• [INSTRUCTIONS TO FOLLOW]
Please copy out each line of the entries in which "then" appears.

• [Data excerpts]
-- ===== src/RealmService/Map.antt =====
-- std::map and std::multimap as lists in the order of their keys, as far as realmd uses them.
use morfeusz.Base.{
  ℕ, ◌≤◌, ◌≡◌, refl, List, [], ◌∷◌, Option, none, some, ltb, ◌==◌, if◌then◌else◌, arith,
}

module _ {ℓ} {V : Type ℓ} where
  -- find: the first entry with the key.
  unfoldable pub find : ℕ → List (ℕ × V) → Option V
  find k [] = none
  find k ((j, v) ∷ m) = if j == k then some v else find k m

  -- m[k] = v
  unfoldable pub map_set : ℕ → V → List (ℕ × V) → List (ℕ × V)
  map_set k v [] = (k, v) ∷ []
  map_set k v ((j, w) ∷ m) =
      let rest = map_set k v m in
      if ltb k j then (k, v) ∷ (j, w) ∷ m else if j == k then (k, v) ∷ m else (j, w) ∷ rest

  -- multimap::insert: behind the entries with the same key.
  unfoldable pub multi_insert : ℕ → V → List (ℕ × V) → List (ℕ × V)
  multi_insert k v [] = (k, v) ∷ []
  multi_insert k v ((j, w) ∷ m) =
      let rest = multi_insert k v m in if ltb k j then (k, v) ∷ (j, w) ∷ m else (j, w) ∷ rest

  -- The keys do not fall, from `lo` on.
  abbrev pub SortedFrom : ℕ → List (ℕ × V) → Type 0
  SortedFrom lo [] = Unit {0}
  SortedFrom lo ((k, v) ∷ m) = (lo ≤ k) × SortedFrom k m

  pub multi_insert-SortedFrom :
      (lo k : ℕ) (v : V) (m : List (ℕ × V))
      → lo ≤ k
      → SortedFrom lo m
      → SortedFrom lo (multi_insert k v m)
  unfolding multi_insert
  multi_insert-SortedFrom lo k v [] h s = (h, tt)
  multi_insert-SortedFrom lo k v ((j, w) ∷ m) h s = ground (arith, multi_insert-SortedFrom j k v m)

  pub SortedFrom-mono :
      (lo lo' : ℕ) (m : List (ℕ × V)) → lo' ≤ lo → SortedFrom lo m → SortedFrom lo' m
  SortedFrom-mono lo lo' [] h s = tt
  SortedFrom-mono lo lo' ((k, v) ∷ m) h s = (omega arith, s.1)

  pub find-map_set :
      (k j : ℕ) (v : V) (m : List (ℕ × V))
      → find j (map_set k v m) ≡ (if k == j then some v else find j m)
  unfolding find map_set
  find-map_set k j v [] = refl
  find-map_set k j v ((i, w) ∷ m) = ground (arith, find-map_set k j v m)
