-- ===== src/ByteBuffer/Containers.antt =====
-- common/ByteBuffer.h: `<<` and `>>` of std::vector, std::list and std::map, over those of their
-- elements. A vector and a list are the list of their elements, a map the list of its entries by key.
pub mod RoundTrip
use morfeusz.Base.{ℕ, zero, suc, ◌+◌, List, [], ◌∷◌, Option, none, some, ◌>>=◌, length, u32}
use morfeusz.Endian.{Host}
use morfeusz.ByteBuffer.{ByteBuffer, append, read}
use morfeusz.RealmService.Map.{find, map_set}

module _ {A : Type 0} (put : A → ByteBuffer → Option ByteBuffer) where
  unfoldable pub put_all : List A → ByteBuffer → Option ByteBuffer
  put_all [] b = some b
  put_all (a ∷ rest) b = put a b >>= put_all rest

  unfoldable pub write_sequence : Host → List A → ByteBuffer → Option ByteBuffer
  unfolding put_all
  write_sequence host v b = append host 4 (u32 (length v)) b >>= put_all v

module _ {A : Type 0} (get : ByteBuffer → Option (A × ByteBuffer)) where
  -- while (vsize--)
  unfoldable pub get_all : ℕ → ByteBuffer → Option (List A × ByteBuffer)
  get_all zero b = some ([], b)
  get_all (suc vsize) b = do (t, b) ← get b; (v, b) ← get_all vsize b; some (t ∷ v, b)

  unfoldable pub read_sequence : Host → ByteBuffer → Option (List A × ByteBuffer)
  unfolding get_all
  read_sequence host b = do (vsize, b) ← read host 4 b; get_all vsize b

module _ {V : Type 0} (put_key : ℕ → ByteBuffer → Option ByteBuffer)
    (put_value : V → ByteBuffer → Option ByteBuffer) where
  unfoldable pub put_entry : ℕ × V → ByteBuffer → Option ByteBuffer
  put_entry e b = do b ← put_key e.0 b; put_value e.1 b

  unfoldable pub write_map : Host → List (ℕ × V) → ByteBuffer → Option ByteBuffer
  unfolding write_sequence put_entry
  write_map host m b = write_sequence put_entry host m b

-- std::map::insert keeps a value that is there.
unfoldable pub insert : {V : Type 0} → ℕ × V → List (ℕ × V) → List (ℕ × V)
insert e m = elim (find e.0 m) [ none ↦ map_set e.0 e.1 m | some old ↦ m ]

module _ {V : Type 0} (get_key : ByteBuffer → Option (ℕ × ByteBuffer))
    (get_value : ByteBuffer → Option (V × ByteBuffer)) where
  unfoldable pub get_entries : ℕ → List (ℕ × V) → ByteBuffer → Option (List (ℕ × V) × ByteBuffer)
  unfolding insert
  get_entries zero m b = some (m, b)
  get_entries (suc msize) m b = do
    (k, b) ← get_key b
    (v, b) ← get_value b
    get_entries msize (insert (k, v) m) b

  unfoldable pub read_map : Host → ByteBuffer → Option (List (ℕ × V) × ByteBuffer)
  unfolding get_entries
  read_map host b = do (msize, b) ← read host 4 b; get_entries msize [] b
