-- ===== src/ByteBuffer/Reading.antt =====
-- common/ByteBuffer.h: what `>>` takes of a buffer, piece by piece.
use morfeusz.Base.{
  ℕ, ◌+◌, ◌^◌, ◌<◌, ◌≡◌, refl, sym, ap, ap₂, ◌∙◌, true, List, [], ◌++◌, append_assoc, Option, some,
  ◌>>=◌, arith, length, leb, le→leb, length-append, take-append_length, drop-append_length,
  le_bytes, length-le_bytes,
}
use morfeusz.Endian.{Host, load-endian_convert}
use morfeusz.ByteBuffer.{ByteBuffer, read, read_at, block}

-- A buffer of `before`, `bs` and `after` that is read from the start or the end of `bs` on.
abbrev pub reading : List ℕ → List ℕ → List ℕ → ℕ → ℕ → ByteBuffer
reading before bs after r w = record { storage = before ++ (bs ++ after); rpos = r; wpos = w }

-- Where `bs` comes next, `get` takes exactly that and gives `a`.
abbrev pub Reads : {A : Type 0} → (ByteBuffer → Option (A × ByteBuffer)) → A → List ℕ → Type 0
Reads get a bs =
    (before after : List ℕ) (w : ℕ)
    → get (reading before bs after (length before) w)
      ≡ some (a, reading before bs after (length before + length bs) w)

block-append :
    (before bs after : List ℕ) (n : ℕ)
    → length bs ≡ n
    → block (before ++ (bs ++ after)) (length before) n ≡ bs
unfolding block
block-append before bs after n e =
    rw (← e, drop-append_length before (bs ++ after)) (take-append_length bs after)

-- An integer is read from its little-endian bytes.
pub read-Reads : (host : Host) (n v : ℕ) → v < 256 ^ n → Reads (read host n) v (le_bytes n v)
unfolding read read_at
read-Reads host n v h before after w =
    let bs = le_bytes n v in
    let room : leb (length before + n) (length (before ++ (bs ++ after))) ≡ true = le→leb _ _ (
      omega
        (arith, length-append before (bs ++ after), length-append bs after, length-le_bytes n v)) in
    let here = block-append before bs after n (length-le_bytes n v) in
    rw (room, here, load-endian_convert host n v h, length-le_bytes n v) refl

-- Two pieces that are read one after the other.
next_part :
    (before xs zs after : List ℕ) (r w : ℕ)
    → reading before (xs ++ zs) after r w ≡ reading before xs (zs ++ after) r w
next_part before xs zs after r w =
    ap (λ l. record { storage = before ++ l; rpos = r; wpos = w }) (append_assoc xs zs after)

step_over :
    (before xs zs after : List ℕ) (w : ℕ)
    → reading before xs (zs ++ after) (length before + length xs) w
      ≡ reading (before ++ xs) zs after (length (before ++ xs)) w
step_over before xs zs after w =
    ap₂ (λ l n. record { storage = l; rpos = n; wpos = w })
      (sym (append_assoc before xs (zs ++ after))) (sym (length-append before xs))

all_over :
    (before xs zs after : List ℕ) (w : ℕ)
    → reading (before ++ xs) zs after (length (before ++ xs) + length zs) w
      ≡ reading before (xs ++ zs) after (length before + length (xs ++ zs)) w
all_over before xs zs after w =
    ap₂ (λ l n. record { storage = l; rpos = n; wpos = w })
      (append_assoc before xs (zs ++ after) ∙ ap (◌++◌ before) (sym (append_assoc xs zs after)))
      (omega (arith, length-append before xs, length-append xs zs))

pub Reads-bind :
    {A C : Type 0} (f : ByteBuffer → Option (A × ByteBuffer))
    (g : A → ByteBuffer → Option (C × ByteBuffer)) (a : A) (c : C) (xs zs : List ℕ)
    → Reads f a xs
    → Reads (g a) c zs
    → Reads (λ b. f b >>= λ r. g r.0 r.1) c (xs ++ zs)
Reads-bind f g a c xs zs hf hg before after w =
    rw (next_part before xs zs after (length before) w, hf before (zs ++ after) w, ◌>>=◌)
      (ap (g a) (step_over before xs zs after w)
        ∙ hg (before ++ xs) after w
        ∙ ap (λ b. some (c, b)) (all_over before xs zs after w))

pub Reads-done : {A : Type 0} (a : A) → Reads (λ b. some (a, b)) a []
Reads-done a before after w = ap (λ n. some (a, reading before [] after n w)) (omega arith)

• [ANSWER AREA]
  ℕ, ◌≤◌, ◌≡◌, refl, List, [], ◌∷◌, Option, none, some, ltb, ◌==◌, if◌then◌else◌, arith,
  find k ((j, v) ∷ m) = if j == k then some v else find k m
      if ltb k j then (k, v) ∷ (j, w) ∷ m else if j == k then (k, v) ∷ m else (j, w) ∷ rest
      let rest = multi_insert k v m in if ltb k j then (k, v) ∷ (j, w) ∷ m else (j, w) ∷ rest
      → find j (map_set k v m) ≡ (if k == j then some v else find j m)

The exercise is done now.